Yes. I used ATT Galaxy S 2 for while.
You get 4g with galaxy S 2.
Highest download speed was 7mbps.
OK but what about the " bring your own phone plan" that isn't a loophole. (http://straighttalksim.com)
7mbps would be great for me!
OK thanks for all of your help!
Go with the ST AT&T buy-a-sim for $15, any needed replacements are $15.
or
Go with the refurbed Nokia 6790 (which contains the same SIM) for $50
You have a spare phone - that can be used for troubleshooting the service (if the SIM works in the 6790 -the other phone is at fault).
Replacement SIMS are always free.
A "locked" phone is just locked to a SIM for a particular provider. Since an S2 would be locked to
AT&T, and the SIM swap is with an AT&T SIM, and you can get an AT&T SIM with BYOD, the only differences between a SIM swap and BYOD are a) the price and b) probably how ST feels about your swapping a SIM. Oh, and if you need to replace the SIM for any reason, with BYOD you pay for the new one, while with the swap they provide one free. No major difference.
I second the second thing that Tracfancier said if you can afford the extra $35.

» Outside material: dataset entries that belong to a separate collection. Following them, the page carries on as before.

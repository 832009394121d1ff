-- ===== src/Network/Veth.antt =====
-- The network of a container in src/network.rs: the veth pair, its address, and the name servers.
use virturust.Base.{ℕ, [], ◌∷◌, ◌++◌, leb, length, take, panicked, io_error, create_dir_failed}
use virturust.Text.{Text, codes}
use virturust.Text.Files.{FilePath, join}
use virturust.Text.Number.{to_string}
use virturust.Sys.{
  Action, pure, ◌>>=◌, ◌>>◌, perform, attempt, require, ignore, when, exists, create_dir_all,
  copy_file,
}
use virturust.Network.Command.{bridge_ip, bridge_name, run_cmd, try_cmd, output, successful}
use virturust.Network.Addresses.{allocate_ip, release_ip}

pub record ContainerNetwork : Type 0 where
  pub ip : Text
  pub bridge : Text
  pub veth_host : Text

-- `&container_id[..8]`
unfoldable pub short_id : Text → Action Text
short_id container_id = do
  require panicked (leb 8 (length container_id))
  pure (take 8 container_id)

abbrev pub veth_host_of : Text → Text
veth_host_of id = codes "veth-" ++ id

abbrev pub veth_peer_of : Text → Text
veth_peer_of id = codes "peer-" ++ id

-- `--net=/proc/{child_pid}/ns/net`
abbrev pub net_ns : ℕ → Text
net_ns child_pid = codes "--net=/proc/" ++ (to_string child_pid ++ codes "/ns/net")

-- Steps 1 to 5: the pair is made, one end joins the bridge, the other becomes the container's eth0.
unfoldable pub connect : Text → Text → ℕ → Action (Unit {0})
connect bridge id child_pid = do
  try_cmd (codes "ip") (codes "link" ∷ codes "del" ∷ veth_host_of id ∷ [])
  run_cmd (codes "ip") (
      codes "link"
      ∷ codes "add"
      ∷ veth_host_of id
      ∷ codes "type"
      ∷ codes "veth"
      ∷ codes "peer"
      ∷ codes "name"
      ∷ veth_peer_of id
      ∷ [])
  run_cmd (codes "ip") (codes "link" ∷ codes "set" ∷ veth_host_of id ∷ codes "master" ∷ bridge ∷ [])
  run_cmd (codes "ip") (codes "link" ∷ codes "set" ∷ veth_host_of id ∷ codes "up" ∷ [])
  run_cmd (codes "ip")
      (codes "link" ∷ codes "set" ∷ veth_peer_of id ∷ codes "netns" ∷ to_string child_pid ∷ [])
  run_cmd (codes "nsenter") (
      net_ns child_pid
      ∷ codes "ip"
      ∷ codes "link"
      ∷ codes "set"
      ∷ veth_peer_of id
      ∷ codes "name"
      ∷ codes "eth0"
      ∷ [])

-- Step 7: the address, the interface and the default route.
unfoldable pub configure : ℕ → Text → Text → Action (Unit {0})
configure child_pid ip gateway = do
  run_cmd (codes "nsenter") (
      net_ns child_pid
      ∷ codes "ip"
      ∷ codes "addr"
      ∷ codes "add"
      ∷ (ip ++ codes "/24")
      ∷ codes "dev"
      ∷ codes "eth0"
      ∷ [])
  run_cmd (codes "nsenter")
      (net_ns child_pid ∷ codes "ip" ∷ codes "link" ∷ codes "set" ∷ codes "eth0" ∷ codes "up" ∷ [])
  run_cmd (codes "nsenter") (
      net_ns child_pid
      ∷ codes "ip"
      ∷ codes "route"
      ∷ codes "add"
      ∷ codes "default"
      ∷ codes "via"
      ∷ gateway
      ∷ [])

unfoldable pub setup_container_network : Text → ℕ → Action ContainerNetwork
setup_container_network container_id child_pid = do
  id ← short_id container_id
  connect bridge_name id child_pid
  address ← allocate_ip
  configure child_pid address bridge_ip
  pure (record { ip = address; bridge = bridge_name; veth_host = veth_host_of id })

-- Without a resolv.conf on the host, nothing is copied.
unfoldable pub setup_container_dns : FilePath → Action (Unit {0})
setup_container_dns rootfs = do
  there ← perform (exists (codes "/etc/resolv.conf"))
  when there (do
    attempt create_dir_failed (create_dir_all (join rootfs (codes "etc")))
    attempt io_error (
        copy_file (codes "/etc/resolv.conf")
          (join (join rootfs (codes "etc")) (codes "resolv.conf"))))

unfoldable pub cleanup_container_network : Text → Action (Unit {0})
cleanup_container_network container_id = do
  id ← short_id container_id
  shown ← output (codes "ip") (codes "link" ∷ codes "show" ∷ veth_host_of id ∷ [])
  when (successful shown) (try_cmd (codes "ip") (codes "link" ∷ codes "del" ∷ veth_host_of id ∷ []))
  ignore (release_ip container_id)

I'm usually sitting on 4-5 bars, my speeds have been around 3 down, 1.5 up. Jealous if any of you people are really getting 7 down! Can't complain though coming from 500kbs down on VM![]()
I don't know what people are doing to SIM cards around these neck of the woods. I have never, ever had to replace a SIM card other than when switching service providers. Unless you have to be changing your phone number frequently, you won't be spending $15 on replacement SIMs that often. Why pay more just to get one of the ugliest and more stupidly designed phones ever made, when you are not even going to use it?
To the OP: If you are looking into buying a LOCKED phone, keep in mind only phones locked to either AT&T or T-Mobile USA can be used with Straight Talk's BYOP SIM cards. If the phone is locked to any international carrier (including T-Mobile in other countries), or to any carrier in the US other than T-Mobile or AT&T, you will need to unlock the phone before you can use it for Staight Talk service. If the phone is locked to either AT&T or T-Mobile, you have to make sure you order the correct SIM from Straight Talk. AT&T-compatible SIM for AT&T-locked phones, and T-Mobile compatible SIM for T-Mobile locked phones.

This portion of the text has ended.